[Collected data entries]
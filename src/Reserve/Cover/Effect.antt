-- ===== src/Reserve/Cover/Effect.antt =====
-- What covering a missed contribution does to the reserve, the ledger and the contribution.
use myturn_webportal.Prelude.{
  ℕ, ◌≡◌, refl, sym, ap, ◌∙◌, inl, inr, Bool, true, false, Option, none, some, arith, Bool-cases,
  ok, ◌≤◌, leb, min,
}
use mathlib.Core.Option.{some-injective}
use myturn_webportal.Prelude.Int.{pos, ◌+ℤ◌}
use myturn_webportal.Ledger.Account.{AccountKey, key_eq, member_wallet_reserved, group_pool}
use myturn_webportal.Ledger.Accounts.{get_balance}
use myturn_webportal.Ledger.Moves.{move_between-balance}
use myturn_webportal.Ledger.Posting.Effect.{delta_on}
use myturn_webportal.Ledger.Posting.Transfer.{transfer_lines}
use myturn_webportal.Store.Rows.{Reserve, Contribution, ContributionStatus, DefaultCoverage}
use myturn_webportal.Store.Lemmas.{find_first-holds, find_first-update}
use myturn_webportal.Store.{Db}
use myturn_webportal.Reserve.Backing.{
  IsAccounted, IsConsistent, drain-IsConsistent, duplicate-IsConsistent,
}
use myturn_webportal.Reserve.Split.{ReserveConfig}
use myturn_webportal.Reserve.Release.{find_active_reserve}
use myturn_webportal.Reserve.Cover.{
  CoverParams, CoverResult, covered, find_contribution, find_coverage, missed, cover_amount,
  cover_key, after_cover, coverage_or_none, cover_default_from_reserve_in_tx, paid_in_full,
}
use myturn_webportal.Reserve.Cover.Cases.{Transferred, IsOld, cover-cases}

cover_row-IsAccounted :
    (c : Contribution) (r : Reserve) → IsAccounted r → IsAccounted (after_cover c r r)
cover_row-IsAccounted c r h = ground arith

cover_amount-le : (c : Contribution) (r : Reserve) → cover_amount c r ≤ r.remaining_reserve_amount
cover_amount-le c r = ground arith

-- Covering a missed contribution keeps the reserves consistent (ids unique, every reserve accounted
-- for to the last unit, and every reserved wallet holding what remains of its owner's reserves).
pub cover_default-IsConsistent :
    (config : ReserveConfig) (params : CoverParams) (db : Db) {res : CoverResult} {db' : Db}
    → IsConsistent db
    → cover_default_from_reserve_in_tx config params db ≡ ok (res, db')
    → IsConsistent db'
unfolding find_active_reserve
cover_default-IsConsistent config params db {res} {db'} consistent h =
    elim (cover-cases config params db h) [
      | inl (same, _) ↦ rw same consistent
      | inr (c, r, _, active, done) ↦
          let here = find_first-holds _ db.reserves active in
          let fits = cover_amount-le c r in
          elim (Bool-cases done.posted.duplicate) [
            | inl dup ↦
                duplicate-IsConsistent (cover_key params r) params.user_id
                  (group_pool params.group_id) (cover_amount c r) db db' done.transfer consistent
                  dup (rw dup at done.rows)
            | inr new ↦
                drain-IsConsistent (cover_key params r) params.user_id (group_pool params.group_id)
                  (cover_amount c r) db db' done.transfer consistent _ (after_cover c r) r new
                  (λ u. refl) active (ground arith) (λ x. (refl, refl)) (omega arith)
                  (cover_row-IsAccounted c r) (rw new at done.rows)
          ]
    ]

IsOld-is_no_cover :
    (amount : ℕ) (full : Bool)
    → ¬ IsOld (covered (record { amount = amount; fully_covered = full; duplicate = false }))
IsOld-is_no_cover amount full (inl e) = cc e
IsOld-is_no_cover amount full (inr (row, e)) = ground arith

coverage_or_none-IsOld : (o : Option DefaultCoverage) → IsOld (coverage_or_none o)
coverage_or_none-IsOld none = inl refl
coverage_or_none-IsOld (some row) = inr (row, refl)

new_cover_is_new :
    (params : CoverParams) (c : Contribution) (r : Reserve) (db db' : Db) {amount : ℕ} {full : Bool}
    (done : Transferred params c r db db'
      (covered (record { amount = amount; fully_covered = full; duplicate = false })))
    → (done.posted.duplicate ≡ false)
      × (amount ≡ cover_amount c r)
      × (full ≡ leb (missed c) (cover_amount c r))
new_cover_is_new params c r db db' {amount} {full} done = elim (Bool-cases done.posted.duplicate) [
  | inl dup ↦
      let e = rw dup at done.result in
      absurd (
        IsOld-is_no_cover amount full
          (rw e (coverage_or_none-IsOld (find_coverage (cover_key params r) db.coverages))))
  | inr new ↦ let e = rw new at done.result in (new, ground arith, ground arith)
]

module _ (config : ReserveConfig) (params : CoverParams) (db db' : Db) (c : Contribution)
    (r : Reserve) (amount : ℕ)
    (found : find_contribution params.contribution_id db.contributions ≡ some c)
    (active : find_active_reserve params.user_id params.group_id db.reserves ≡ some r) where
  -- A new coverage pays the group's pool out of the member's reserved wallet, and changes no other
  -- balance; its amount is the smaller of what was missed and what the reserve holds.
  pub cover_default-pays :
      {full : Bool}
      → cover_default_from_reserve_in_tx config params db
        ≡ ok (covered (record { amount = amount; fully_covered = full; duplicate = false }), db')
      → (k : AccountKey)
      → (amount ≡ min (missed c) r.remaining_reserve_amount)
        × (get_balance k db'.ledger
            ≡ get_balance k db.ledger
              +ℤ delta_on k (
                  transfer_lines
                    (member_wallet_reserved params.user_id)
                    (group_pool params.group_id)
                    (pos amount)))
  cover_default-pays {full} h k = elim (cover-cases config params db h) [
    | inl (_, old) ↦ absurd (IsOld-is_no_cover amount full old)
    | inr (c', r', found', active', done) ↦
        let (new, amount_is, _) = new_cover_is_new params c' r' db db' done in
        let c_same : c' ≡ c = some-injective _ _ (sym found' ∙ found) in
        let r_same : r' ≡ r = some-injective _ _ (sym active' ∙ active) in
        let balance =
          move_between-balance (cover_key params r') (member_wallet_reserved params.user_id)
            (group_pool params.group_id) (pos (cover_amount c' r')) db.ledger done.transfer k in
        (rw (← c_same, ← r_same, amount_is) (smaller c' r'), rw amount_is (rw new at balance))
  ]
    where
      smaller :
          (c : Contribution) (r : Reserve)
          → cover_amount c r ≡ min (missed c) r.remaining_reserve_amount
      smaller c r = ground arith

  -- A coverage that says it is full has paid all that was missed, and the contribution is PAID with
  -- all its days.
  cover_default-settles :
      cover_default_from_reserve_in_tx config params db
        ≡ ok (covered (record { amount = amount; fully_covered = true; duplicate = false }), db')
      → (amount ≡ missed c)
        × (find_contribution params.contribution_id db'.contributions
            ≡ some (record c {
              status = ContributionStatus.paid;
              paid_day_count = c.expected_day_count;
            }))
  unfolding find_contribution
  cover_default-settles h = elim (cover-cases config params db h) [
    | inl (_, old) ↦ absurd (IsOld-is_no_cover amount true old)
    | inr (c', r', found', active', done) ↦
        let (new, amount_is, full) = new_cover_is_new params c' r' db db' done in
        let c_same : c' ≡ c = some-injective _ _ (sym found' ∙ found) in
        let all_of_it : missed c' ≡ cover_amount c' r' = equal c' r' (sym full) in
        (
          amount_is ∙ sym all_of_it ∙ ap (λ x. missed x) c_same,
          rw (rw new at done.settled, sym full)
              (find_first-update (λ x. x.id) (paid_in_full c') params.contribution_id
                  db.contributions c (λ x. refl) found
                ∙ ap (λ x. some (paid_in_full x c)) c_same),
        )
  ]
    where
      equal :
          (c : Contribution) (r : Reserve)
          → leb (missed c) (cover_amount c r) ≡ true
          → missed c ≡ cover_amount c r
      equal c r h = ground arith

**Exercise details**
For the records above, state how many lines contain "pays". Add nothing to the number.

**Expected answer**
3